TASK TO CARRY OUT: Reproduce the first line of the entries that follow and each later line, word for word, ending with the one containing "-- What is found".

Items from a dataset
========================================
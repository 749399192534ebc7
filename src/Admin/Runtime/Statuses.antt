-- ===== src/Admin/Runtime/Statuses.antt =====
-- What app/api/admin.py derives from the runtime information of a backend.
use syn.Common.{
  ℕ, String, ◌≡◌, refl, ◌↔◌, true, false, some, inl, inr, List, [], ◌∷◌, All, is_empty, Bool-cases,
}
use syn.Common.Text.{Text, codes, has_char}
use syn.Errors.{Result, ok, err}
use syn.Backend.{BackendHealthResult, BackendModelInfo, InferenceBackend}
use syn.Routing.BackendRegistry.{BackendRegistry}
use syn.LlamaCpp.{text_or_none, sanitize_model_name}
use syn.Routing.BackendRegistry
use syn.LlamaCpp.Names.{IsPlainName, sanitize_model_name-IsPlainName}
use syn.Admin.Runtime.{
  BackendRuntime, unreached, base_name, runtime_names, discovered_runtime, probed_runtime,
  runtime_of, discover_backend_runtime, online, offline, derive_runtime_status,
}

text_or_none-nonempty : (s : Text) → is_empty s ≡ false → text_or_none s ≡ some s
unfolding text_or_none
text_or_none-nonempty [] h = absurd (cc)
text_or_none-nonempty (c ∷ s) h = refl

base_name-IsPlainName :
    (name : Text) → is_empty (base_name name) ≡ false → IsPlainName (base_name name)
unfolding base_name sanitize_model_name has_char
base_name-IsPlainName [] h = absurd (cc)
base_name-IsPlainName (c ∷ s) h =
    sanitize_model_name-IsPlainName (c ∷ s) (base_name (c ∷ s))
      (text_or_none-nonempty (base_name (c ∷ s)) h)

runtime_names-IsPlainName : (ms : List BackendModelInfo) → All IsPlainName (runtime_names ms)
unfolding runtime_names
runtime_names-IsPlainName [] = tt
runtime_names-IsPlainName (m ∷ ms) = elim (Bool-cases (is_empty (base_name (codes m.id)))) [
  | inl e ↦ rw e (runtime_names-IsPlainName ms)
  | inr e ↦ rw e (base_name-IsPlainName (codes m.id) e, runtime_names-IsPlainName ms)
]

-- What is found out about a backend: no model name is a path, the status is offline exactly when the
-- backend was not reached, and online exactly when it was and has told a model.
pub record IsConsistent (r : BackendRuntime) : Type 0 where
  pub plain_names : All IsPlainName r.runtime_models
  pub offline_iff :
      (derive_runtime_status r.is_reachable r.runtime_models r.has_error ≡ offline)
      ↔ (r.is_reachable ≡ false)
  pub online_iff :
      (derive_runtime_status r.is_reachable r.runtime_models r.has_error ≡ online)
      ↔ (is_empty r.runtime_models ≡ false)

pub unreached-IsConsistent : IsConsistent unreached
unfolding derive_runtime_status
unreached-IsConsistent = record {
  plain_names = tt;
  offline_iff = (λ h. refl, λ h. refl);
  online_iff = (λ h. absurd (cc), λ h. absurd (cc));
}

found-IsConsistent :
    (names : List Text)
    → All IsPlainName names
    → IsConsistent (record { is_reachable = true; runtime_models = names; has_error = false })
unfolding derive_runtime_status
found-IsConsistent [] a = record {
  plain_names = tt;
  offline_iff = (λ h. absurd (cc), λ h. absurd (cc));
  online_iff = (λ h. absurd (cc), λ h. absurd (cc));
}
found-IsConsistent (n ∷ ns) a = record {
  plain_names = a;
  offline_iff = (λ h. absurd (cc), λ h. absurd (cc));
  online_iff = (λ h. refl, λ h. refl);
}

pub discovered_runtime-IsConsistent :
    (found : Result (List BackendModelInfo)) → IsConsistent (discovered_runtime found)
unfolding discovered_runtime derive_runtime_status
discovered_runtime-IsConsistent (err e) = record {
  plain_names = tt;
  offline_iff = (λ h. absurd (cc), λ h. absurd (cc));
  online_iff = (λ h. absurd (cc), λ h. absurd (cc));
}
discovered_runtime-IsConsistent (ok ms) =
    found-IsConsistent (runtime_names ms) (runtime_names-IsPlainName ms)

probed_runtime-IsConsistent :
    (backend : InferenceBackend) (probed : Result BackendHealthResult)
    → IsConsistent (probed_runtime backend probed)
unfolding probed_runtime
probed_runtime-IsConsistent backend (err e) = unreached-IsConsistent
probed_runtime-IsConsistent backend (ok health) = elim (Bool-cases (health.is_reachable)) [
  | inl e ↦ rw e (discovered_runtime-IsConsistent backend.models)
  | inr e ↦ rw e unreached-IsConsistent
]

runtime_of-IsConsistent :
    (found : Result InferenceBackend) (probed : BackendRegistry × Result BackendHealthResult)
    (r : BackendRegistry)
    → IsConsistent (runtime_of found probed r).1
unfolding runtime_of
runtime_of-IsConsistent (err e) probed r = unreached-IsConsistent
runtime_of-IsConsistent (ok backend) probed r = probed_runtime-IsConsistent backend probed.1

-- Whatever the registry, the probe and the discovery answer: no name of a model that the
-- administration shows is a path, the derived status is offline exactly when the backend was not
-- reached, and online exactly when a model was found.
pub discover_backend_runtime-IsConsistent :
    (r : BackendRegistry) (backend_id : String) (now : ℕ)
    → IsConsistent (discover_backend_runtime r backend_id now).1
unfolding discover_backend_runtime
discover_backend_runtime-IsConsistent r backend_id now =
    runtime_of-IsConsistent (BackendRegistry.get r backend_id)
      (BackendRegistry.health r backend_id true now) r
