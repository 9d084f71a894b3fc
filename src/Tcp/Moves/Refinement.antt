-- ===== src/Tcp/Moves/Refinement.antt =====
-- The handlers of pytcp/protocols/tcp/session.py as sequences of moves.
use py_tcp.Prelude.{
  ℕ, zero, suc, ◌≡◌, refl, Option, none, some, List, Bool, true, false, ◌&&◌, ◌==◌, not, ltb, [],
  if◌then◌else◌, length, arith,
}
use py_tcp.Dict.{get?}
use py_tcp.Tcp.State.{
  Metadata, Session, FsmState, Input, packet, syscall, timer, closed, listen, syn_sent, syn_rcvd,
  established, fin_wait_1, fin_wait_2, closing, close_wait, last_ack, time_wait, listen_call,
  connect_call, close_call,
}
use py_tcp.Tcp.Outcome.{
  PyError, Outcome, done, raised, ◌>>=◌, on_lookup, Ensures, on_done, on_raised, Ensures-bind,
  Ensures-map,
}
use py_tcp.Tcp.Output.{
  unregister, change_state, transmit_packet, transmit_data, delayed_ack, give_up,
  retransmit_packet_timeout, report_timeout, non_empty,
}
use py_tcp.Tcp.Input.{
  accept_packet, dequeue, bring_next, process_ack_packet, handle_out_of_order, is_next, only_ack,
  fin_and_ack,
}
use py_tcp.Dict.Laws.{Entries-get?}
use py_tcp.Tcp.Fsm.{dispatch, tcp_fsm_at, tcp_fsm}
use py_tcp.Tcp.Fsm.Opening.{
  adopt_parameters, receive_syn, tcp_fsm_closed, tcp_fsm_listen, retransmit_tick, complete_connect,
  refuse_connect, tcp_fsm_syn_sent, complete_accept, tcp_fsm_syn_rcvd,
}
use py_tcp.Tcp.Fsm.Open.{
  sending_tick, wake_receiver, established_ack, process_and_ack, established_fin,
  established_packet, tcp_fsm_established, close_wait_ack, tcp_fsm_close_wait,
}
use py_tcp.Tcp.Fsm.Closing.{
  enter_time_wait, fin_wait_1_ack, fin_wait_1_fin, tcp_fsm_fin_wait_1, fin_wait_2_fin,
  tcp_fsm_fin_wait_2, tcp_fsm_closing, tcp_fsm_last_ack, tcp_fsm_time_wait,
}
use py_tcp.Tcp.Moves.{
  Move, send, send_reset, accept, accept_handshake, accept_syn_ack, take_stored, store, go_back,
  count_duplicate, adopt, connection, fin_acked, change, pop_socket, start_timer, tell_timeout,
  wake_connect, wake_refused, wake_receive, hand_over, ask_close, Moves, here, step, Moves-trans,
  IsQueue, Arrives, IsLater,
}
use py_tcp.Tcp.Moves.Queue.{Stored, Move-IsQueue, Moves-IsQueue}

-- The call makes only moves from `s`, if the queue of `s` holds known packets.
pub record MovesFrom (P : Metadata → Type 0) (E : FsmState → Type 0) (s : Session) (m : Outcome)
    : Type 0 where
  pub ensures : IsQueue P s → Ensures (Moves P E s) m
========================================
RESULT FOR THIS EXERCISE:
repository 749399192534ebc7
filename src/Admin/Runtime/Statuses.antt
-- ===== src/Admin/Runtime/Statuses.antt =====
-- What app/api/admin.py derives from the runtime information of a backend.
use syn.Common.{
  ℕ, String, ◌≡◌, refl, ◌↔◌, true, false, some, inl, inr, List, [], ◌∷◌, All, is_empty, Bool-cases,
}
use syn.Common.Text.{Text, codes, has_char}
use syn.Errors.{Result, ok, err}
use syn.Backend.{BackendHealthResult, BackendModelInfo, InferenceBackend}
use syn.Routing.BackendRegistry.{BackendRegistry}
use syn.LlamaCpp.{text_or_none, sanitize_model_name}
use syn.Routing.BackendRegistry
use syn.LlamaCpp.Names.{IsPlainName, sanitize_model_name-IsPlainName}
use syn.Admin.Runtime.{
  BackendRuntime, unreached, base_name, runtime_names, discovered_runtime, probed_runtime,
  runtime_of, discover_backend_runtime, online, offline, derive_runtime_status,
}

text_or_none-nonempty : (s : Text) → is_empty s ≡ false → text_or_none s ≡ some s
unfolding text_or_none
text_or_none-nonempty [] h = absurd (cc)
text_or_none-nonempty (c ∷ s) h = refl

base_name-IsPlainName :
    (name : Text) → is_empty (base_name name) ≡ false → IsPlainName (base_name name)
unfolding base_name sanitize_model_name has_char
base_name-IsPlainName [] h = absurd (cc)
base_name-IsPlainName (c ∷ s) h =
    sanitize_model_name-IsPlainName (c ∷ s) (base_name (c ∷ s))
      (text_or_none-nonempty (base_name (c ∷ s)) h)

runtime_names-IsPlainName : (ms : List BackendModelInfo) → All IsPlainName (runtime_names ms)
unfolding runtime_names
runtime_names-IsPlainName [] = tt
runtime_names-IsPlainName (m ∷ ms) = elim (Bool-cases (is_empty (base_name (codes m.id)))) [
  | inl e ↦ rw e (runtime_names-IsPlainName ms)
  | inr e ↦ rw e (base_name-IsPlainName (codes m.id) e, runtime_names-IsPlainName ms)
]

-- What is found out about a backend: no model name is a path, the status is offline exactly when the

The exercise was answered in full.